(Dataset excerpts)
+ + +

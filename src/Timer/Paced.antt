-- ===== src/Timer/Paced.antt =====
-- The `pending` flags and the ticks that they stand for.
use rong.Base.{
  ℕ, ◌+◌, ◌≤◌, ◌≡◌, ◌≢◌, inl, inr, refl, ap, sym, ◌∙◌, subst, Bool, true, false, Option, none, some,
  List, [], ◌∷◌, ◌++◌, arith, if◌then◌else◌, ◌==◌, nat_eq, nat_beq_iff, Bool-cases,
}
use rong.Base.Assoc.{get, remove}
use rong.Timer.{
  TimerTick, TimerEntry, Phase, absent, Task, Running, TimerRegistry, cancel, cancel_all,
  cancel_found, cancel_timer, update, set_phase, set_pending,
}

-- The ticks of a task that wait in the queue, and the one whose callback runs.
unfoldable pub queued : ℕ → List TimerTick → ℕ
queued k [] = 0
queued k (tick ∷ ticks) = (if tick.task == k then 1 else 0) + queued k ticks

abbrev pub in_callback : ℕ → Option Running → ℕ
in_callback k none = 0
in_callback k (some r) = if r.tick.task == k then 1 else 0

abbrev pub ticks : ℕ → TimerRegistry → ℕ
ticks k s = queued k s.queue + in_callback k s.running

abbrev pub allowed : Bool → ℕ
allowed true = 1
allowed false = 0

-- The flag bounds the ticks; a task that has not been made has no flag.
pub record IsPaced (s : TimerRegistry) : Type 0 where
  pub bound : (k : ℕ) → ticks k s ≤ allowed (s.tasks k).pending
  pub unmade : (k : ℕ) → s.made ≤ k → ((s.tasks k).phase ≡ absent) × ((s.tasks k).pending ≡ false)

-- Queue, running callback, flags and counter stay, and no unmade task begins.
pub record IsStill (s t : TimerRegistry) : Type 0 where
  pub queue : t.queue ≡ s.queue
  pub running : t.running ≡ s.running
  pub made : t.made ≡ s.made
  pub pending : (k : ℕ) → (t.tasks k).pending ≡ (s.tasks k).pending
  pub phase : (k : ℕ) → (s.tasks k).phase ≡ absent → (t.tasks k).phase ≡ absent

pub still-IsPaced : (s t : TimerRegistry) → IsStill s t → IsPaced s → IsPaced t
still-IsPaced s t p v = record {
  bound = λ k.
      subst (λ b. ticks k t ≤ allowed b) (sym (p.pending k)) (rw (p.queue, p.running) (v.bound k));
  unmade =
      λ k h. let old = v.unmade k (rw (sym p.made) h) in (p.phase k old.0, p.pending k ∙ old.1);
}

pub IsStill-refl : (s : TimerRegistry) → IsStill s s
IsStill-refl s = record {
  queue = refl;
  running = refl;
  made = refl;
  pending = λ k. refl;
  phase = λ k h. h;
}

pub IsStill-trans : (s t u : TimerRegistry) → IsStill s t → IsStill t u → IsStill s u
IsStill-trans s t u p q = record {
  queue = q.queue ∙ p.queue;
  running = q.running ∙ p.running;
  made = q.made ∙ p.made;
  pending = λ k. q.pending k ∙ p.pending k;
  phase = λ k h. q.phase k (p.phase k h);
}

pub update-IsStill :
    (k : ℕ) (t : Task) (s : TimerRegistry)
    → t.pending ≡ (s.tasks k).pending
    → ((s.tasks k).phase ≡ absent → t.phase ≡ absent)
    → IsStill s (update k t s)
update-IsStill k t s e h = record {
  queue = refl;
  running = refl;
  made = refl;
  pending = λ j. ground (arith, nat_beq_iff k j, e);
  phase = λ j f. elim (Bool-cases (k == j)) [
    | inl q ↦ rw q (h (ap (λ i. (s.tasks i).phase) ((nat_beq_iff k j).0 q) ∙ f))
    | inr q ↦ rw q f
  ];
}

cancel_found-IsStill :
    (id : ℕ) (s : TimerRegistry) (o : Option TimerEntry) → IsStill s (cancel_found id s o)
cancel_found-IsStill id s none = IsStill-refl s
cancel_found-IsStill id s (some e) =
    let t : TimerRegistry = record s { timers = remove id s.timers } in
    IsStill-trans s t _
      (record { queue = refl; running = refl; made = refl; pending = λ k. refl; phase = λ k h. h })
      (update-IsStill e.cancel _ t refl (λ h. h))

pub cancel_timer-IsStill : (id : ℕ) (s : TimerRegistry) → IsStill s (cancel_timer id s)
unfolding cancel_timer
cancel_timer-IsStill id s = cancel_found-IsStill id s (get id s.timers)

pub cancel_all-IsStill :
    (es : List (ℕ × TimerEntry)) (s : TimerRegistry) → IsStill s (cancel_all es s)
cancel_all-IsStill [] s = IsStill-refl s
cancel_all-IsStill ((id, e) ∷ es) s =
    IsStill-trans s (cancel e.cancel s) _ (update-IsStill e.cancel _ s refl (λ h. h))
      (cancel_all-IsStill es (cancel e.cancel s))

-- A task that had begun goes on to another phase.
pub begun-IsStill :
    (k : ℕ) (p : Phase) (s t : TimerRegistry)
    → (s.tasks k).phase ≢ absent
    → IsStill s t
    → IsStill s (set_phase k p t)
begun-IsStill k p s t h v = record {
  queue = v.queue;
  running = v.running;
  made = v.made;
  pending = λ j. ground (arith, nat_beq_iff k j, v.pending j);
  phase = λ j e. elim (Bool-cases (k == j)) [
    | inl q ↦ absurd (h (ap (λ i. (s.tasks i).phase) ((nat_beq_iff k j).0 q) ∙ e))
    | inr q ↦ rw q (v.phase j e)
  ];
}

-- An allowed flag has at most one tick.
pub allowed-le : (b : Bool) → allowed b ≤ 1
allowed-le true = omega arith
allowed-le false = omega arith

bit-le : (b : Bool) → (if b then 1 else 0) ≤ 1
bit-le true = omega arith
bit-le false = omega arith

-- The flag of `k` still stands for a tick that is gone.
pub record IsOwed (k : ℕ) (s : TimerRegistry) : Type 0 where
  pub bound : (j : ℕ) → ticks j s + (if k == j then 1 else 0) ≤ allowed (s.tasks j).pending
  pub unmade : (j : ℕ) → s.made ≤ j → ((s.tasks j).phase ≡ absent) × ((s.tasks j).pending ≡ false)

pub still-IsOwed : (k : ℕ) (s t : TimerRegistry) → IsStill s t → IsOwed k s → IsOwed k t
still-IsOwed k s t p v = record {
  bound = λ j.
      subst (λ b. ticks j t + (if k == j then 1 else 0) ≤ allowed b) (sym (p.pending j))
        (rw (p.queue, p.running) (v.bound j));
  unmade =
      λ j h. let old = v.unmade j (rw (sym p.made) h) in (p.phase j old.0, p.pending j ∙ old.1);
}

-- The flag is lowered.
pub lower-IsPaced : (k : ℕ) (s : TimerRegistry) → IsOwed k s → IsPaced (set_pending k false s)
lower-IsPaced k s v = record {
  bound = λ j. elim (Bool-cases (k == j)) [
    | inl q ↦
        let least = allowed-le (s.tasks j).pending in
        let one = rw q at (v.bound j) in rw q (omega (arith, least, one))
    | inr q ↦ let same = rw q at (v.bound j) in rw q (omega (arith, same))
  ];
  unmade = λ j h.
      let old = v.unmade j h in
      elim (Bool-cases (k == j)) [
        | inl q ↦ rw q (ap (λ i. (s.tasks i).phase) ((nat_beq_iff k j).0 q) ∙ old.0, refl)
        | inr q ↦ rw q old
      ];
}

queued-append : (j : ℕ) (ts us : List TimerTick) → queued j (ts ++ us) ≡ queued j ts + queued j us
unfolding queued
queued-append j [] us = omega arith
queued-append j (t ∷ ts) us = omega (arith, queued-append j ts us)

pub unmade_apart :
    (k j : ℕ) (s : TimerRegistry)
    → IsPaced s
    → (s.tasks k).phase ≢ absent
    → s.made ≤ j
    → (k == j) ≡ false
unmade_apart k j s v h le = elim (Bool-cases (k == j)) [
  | inl q ↦ let same = (nat_beq_iff k j).0 q in absurd (h (v.unmade k (rw same le)).0)
  | inr q ↦ q
]

-- The tick goes to the queue, and the flag that was down is raised.
pub raise-IsPaced :
    (k : ℕ) (tick : TimerTick) (s : TimerRegistry)
    → tick.task ≡ k
    → (s.tasks k).pending ≡ false
    → (s.tasks k).phase ≢ absent
    → IsPaced s
    → IsPaced (set_pending k true (record s { queue = s.queue ++ tick ∷ [] }))
unfolding queued
raise-IsPaced k tick s own down begun v = record {
  bound = λ j.
      let split = queued-append j s.queue (tick ∷ []) in
      elim (Bool-cases (k == j)) [
        | inl q ↦
            let none_yet = rw down at (v.bound k) in
            let same = (nat_beq_iff k j).0 q in
            let none_here = subst (λ i. ticks i s ≤ 0) same none_yet in
            let one = bit-le (tick.task == j) in rw q (omega (arith, split, none_here, one))
        | inr q ↦
            let other : (tick.task == j) ≡ false = ap (λ t. t == j) own ∙ q in
            rw q (omega (arith, rw other at split, v.bound j))
      ];
  unmade = λ j h. let old = v.unmade j h in rw (unmade_apart k j s v begun h) old;
}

+ + +

ACTION ITEM:
Could you reproduce exactly the lines of the entries above, from the one with "q) ∙ old.0, refl)" through the one with "let none_here = subst", and nothing else?

YOUR SOLUTION:
        | inl q ↦ rw q (ap (λ i. (s.tasks i).phase) ((nat_beq_iff k j).0 q) ∙ old.0, refl)
        | inr q ↦ rw q old
      ];
}

queued-append : (j : ℕ) (ts us : List TimerTick) → queued j (ts ++ us) ≡ queued j ts + queued j us
unfolding queued
queued-append j [] us = omega arith
queued-append j (t ∷ ts) us = omega (arith, queued-append j ts us)

pub unmade_apart :
    (k j : ℕ) (s : TimerRegistry)
    → IsPaced s
    → (s.tasks k).phase ≢ absent
    → s.made ≤ j
    → (k == j) ≡ false
unmade_apart k j s v h le = elim (Bool-cases (k == j)) [
  | inl q ↦ let same = (nat_beq_iff k j).0 q in absurd (h (v.unmade k (rw same le)).0)
  | inr q ↦ q
]

-- The tick goes to the queue, and the flag that was down is raised.
pub raise-IsPaced :
    (k : ℕ) (tick : TimerTick) (s : TimerRegistry)
    → tick.task ≡ k
    → (s.tasks k).pending ≡ false
    → (s.tasks k).phase ≢ absent
    → IsPaced s
    → IsPaced (set_pending k true (record s { queue = s.queue ++ tick ∷ [] }))
unfolding queued
raise-IsPaced k tick s own down begun v = record {
  bound = λ j.
      let split = queued-append j s.queue (tick ∷ []) in
      elim (Bool-cases (k == j)) [
        | inl q ↦
            let none_yet = rw down at (v.bound k) in
            let same = (nat_beq_iff k j).0 q in
            let none_here = subst (λ i. ticks i s ≤ 0) same none_yet in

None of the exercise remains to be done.